The limitations of a home office printer for printed electronics often push developers to quickly move on to pursue laboratory inkjet systems that address these limitations and give them access to a lot of the settings under the hood. These laboratory systems cost at least $25,000 and can cost as much as six figures — but they can be helpful in improving the transition from prototype to production for applications that require inkjet technology.

Are inkjet printed electronics scaleable?

According to IDtechEX, inkjet only made up less than 2% of all commercial additive electronics products in 2017 while screen printing made up the remaining 98%.

Why?

It’s likely the upfront costs associated with creating a production facility capable of using inkjet printing technology!

A common situation we have heard from our customers is that they pursued inkjet initially because the idea of being able to prototype in-house without delays is extremely attractive. When they invested in more sophisticated laboratory equipment, got further into development, and closer to scaling up their design, they realized that their application didn’t directly benefit from the core strengths that inkjet has to offer and that their direction was based solely on the tools available for prototyping. This realization led them to pivot the core materials and printing technology used in their design to not only improve it but make it easier to scale. However, this decision came at the expense of their precious timelines, along with the significant capital investments required to pivot their entire technology stack (and the money wasted on inkjet prototyping when the entire process needed redoing anyway). Not to mention the operating costs and the risk — what if you can’t transfer your inkjet learnings to a scalable solution like screen printing?

Conclusion

So, in summary, inkjet uses small droplets of conductive ink to create high-resolution patterns on flexible substrates such as plastics and paper. The small quantity of conductive ink involved produces thin conductive layers making inkjet ideal for low cost and low power applications. By investing in the right equipment, the digital nature of inkjet makes the transition from prototype to production easy.

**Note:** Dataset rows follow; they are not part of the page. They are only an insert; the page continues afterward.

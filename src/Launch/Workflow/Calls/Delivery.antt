-- ===== src/Launch/Workflow/Calls/Delivery.antt =====
-- A draft of backend/launchloop/services.py that two people carry through to its receipt.
use Prim.Native.String.{◌++◌ as append}
use civic_loop.Launch.Workflow.Consistency.Returned.{approved_board}
use civic_loop.Launch.Workflow.Consistency.Kept.{Rows-at}
use civic_loop.Launch.Workflow.Consistency.{IsConsistent}
use civic_loop.Launch.Workflow.Calls.Decision.{decision_taken}
use civic_loop.Launch.{ready_for_review, Package}
use civic_loop.Launch.Workflow.Calls.{
  decide_approval, is_draft, is_ready, package_of, destination, with_package, run_workflow,
  create_approval, new_approval, submit_workflow,
}
use civic_loop.Launch.Workflow.{
  draft, operator, approver, is_approver, ready, completed, granted, ApprovalRequest, DemoError,
  synthetic, Actor, is_operator, in_review, ran, hashed, Board, source_kind, is_synthetic,
  transition,
}
use civic_loop.Launch.Owner.{Calendar}
use civic_loop.Prelude.Result.{Result, ◌>>=◌, ok}
use civic_loop.Prelude.{
  str_eq_refl, str_eq-false, refl, ap, ◌∙◌, ◌≢◌, inr, ==_iff, ==_refl, any, ℕ, String, ◌≡◌, true,
  false, none, some, arith, ◌==◌, str_eq,
}

run_workflow-ok :
    (package_hash : Package → String) (calendar : Calendar) (workflow_id : ℕ) (actor : Actor)
    (b : Board) (p : Package)
    → b.workflow.id == workflow_id ≡ true
    → is_operator actor.role ≡ true
    → is_draft b.workflow.status ≡ true
    → package_of calendar b.workflow.revision ≡ ok p
    → run_workflow package_hash calendar workflow_id actor b
      ≡ ok (
          transition actor
            (destination p.status)
            "launchloop_ran"
            (ran b.workflow.revision.version p.missing_fields)
            (with_package (some p) (package_hash p) b))
unfolding run_workflow
run_workflow-ok package_hash calendar workflow_id actor b p i o d e = ground arith

submit_workflow-ok :
    (approval_id workflow_id : ℕ) (actor : Actor) (b : Board)
    → b.workflow.id == workflow_id ≡ true
    → is_operator actor.role ≡ true
    → is_ready b.workflow.status ≡ true
    → is_synthetic (source_kind b.workflow.revision) ≡ true
    → str_eq b.workflow.package_hash "" ≡ false
    → b.approval ≡ none
    → submit_workflow approval_id workflow_id actor b
      ≡ ok (
          transition actor in_review "package_submitted"
            (hashed b.workflow.package_hash)
            (record b { approval = some (new_approval approval_id actor b.workflow.package_hash) }))
unfolding submit_workflow create_approval
submit_workflow-ok approval_id workflow_id actor b i o d s n a = ground arith

-- The three calls, by an operator and an approver.
abbrev pub carried :
    (Package → String)
    → Calendar
    → ℕ
    → ℕ
    → Actor
    → Actor
    → String
    → String
    → ℕ
    → Board
    → Result DemoError Board
carried package_hash calendar workflow_id approval_id maya jordan submitted_hash reason now b = do
  b1 ← run_workflow package_hash calendar workflow_id maya b
  b2 ← submit_workflow approval_id workflow_id maya b1
  decide_approval approval_id jordan "approve" submitted_hash reason now b2

abbrev pub Delivered : (Package → String) → Package → Actor → Actor → Board → Type 0
Delivered package_hash p maya jordan b =
    (b.workflow.status ≡ completed)
    × (b.workflow.campaign_package ≡ some p)
    × (b.execution
        ≡ some (record {
          idempotency_key = append "launchloop:" (package_hash p);
          audience_count = p.audience.member_count;
        }))
    × ((a : ApprovalRequest) × (b.approval ≡ some a)
        × (a.status ≡ granted)
        × (a.submitter ≡ maya.slug)
        × (a.approver ≡ some jordan.slug)
        × (a.package_hash ≡ package_hash p))

module _ (package_hash : Package → String) (calendar : Calendar) (workflow_id approval_id : ℕ)
    (maya jordan : Actor) (reason : String) (now : ℕ) (p : Package) where
  abbrev run_board : Board → Board
  run_board b =
      transition maya ready "launchloop_ran" (ran b.workflow.revision.version p.missing_fields)
        (with_package (some p) (package_hash p) b)

  abbrev request : ApprovalRequest
  request = new_approval approval_id maya (package_hash p)

  abbrev submitted_board : Board → Board
  submitted_board b =
      transition maya in_review "package_submitted" (hashed (package_hash p))
        (record (run_board b) { approval = some request })

  -- A draft of a consistent board whose package is ready is delivered: an operator runs and submits
  -- it and an approver with another name approves the hash of the package, and all three calls return,
  -- if the revision is synthetic, the hash is not empty, and no other workflow has delivered a package
  -- of that hash.
  pub draft-Delivered :
      (b : Board)
      → b.workflow.id ≡ workflow_id
      → b.workflow.status ≡ draft
      → IsConsistent package_hash calendar b
      → source_kind b.workflow.revision ≡ synthetic
      → package_of calendar b.workflow.revision ≡ ok p
      → p.status ≡ ready_for_review
      → package_hash p ≢ ""
      → maya.role ≡ operator
      → jordan.role ≡ approver
      → jordan.slug ≢ maya.slug
      → any (λ k. str_eq k (append "launchloop:" (package_hash p))) b.other_keys ≡ false
      → (b' : Board) × (carried package_hash calendar workflow_id approval_id maya jordan
            (package_hash p)
            reason
            now
            b
          ≡ ok b')
        × Delivered package_hash p maya jordan b'
  unfolding transition approved_board
  draft-Delivered b i d k s e r n o q other fresh =
      let (_, _, no_request, no_receipt) = Rows-at package_hash calendar b draft d k in
      let same = (==_iff _ _).1 i in
      let is_op : is_operator maya.role ≡ true = ap is_operator o in
      let synth : is_synthetic (source_kind b.workflow.revision) ≡ true = ap is_synthetic s in
      let run_eq : run_workflow package_hash calendar workflow_id maya b ≡ ok (run_board b) =
        run_workflow-ok package_hash calendar workflow_id maya b p same is_op (ap is_draft d) e
        ∙ ap
            (λ t. ok (
              transition maya (destination t) "launchloop_ran"
                (ran b.workflow.revision.version p.missing_fields)
                (with_package (some p) (package_hash p) b)))
            r in
      let submit_eq =
        submit_workflow-ok approval_id workflow_id maya (run_board b) same is_op refl synth
          ((str_eq-false _ _).0 n) no_request in
      let decide_eq =
        decision_taken approval_id jordan "approve" (package_hash p) reason now (submitted_board b)
          request no_receipt refl (==_refl approval_id) synth ((str_eq-false _ _).0 other)
          (ap is_approver q) refl (str_eq_refl (package_hash p)) (inr (refl, refl, fresh)) in
      let last = decide_approval approval_id jordan "approve" (package_hash p) reason now in
      (
        approved_board request jordan reason now (submitted_board b),
        ap (λ m. m >>= λ b1. (submit_workflow approval_id workflow_id maya b1 >>= last)) run_eq
            ∙ ap (λ m. m >>= last) submit_eq
            ∙ decide_eq,
        (refl, refl, refl, (_, refl, refl, refl, refl, refl)),
      )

Although not the most widely used printing technology for printed electronics, inkjet printing is a mature technology and is a good candidate if the application calls for it. It’s also a hotbed for innovation — research into new applications and improvements to the technology is rampant! However, since the project requirements addressed by inkjet's value are quite specific, it's important to compare and contrast the project requirements with the benefits and limitations of this printing technology and associated materials before committing to it to avoid unnecessary investments and unexpected delays.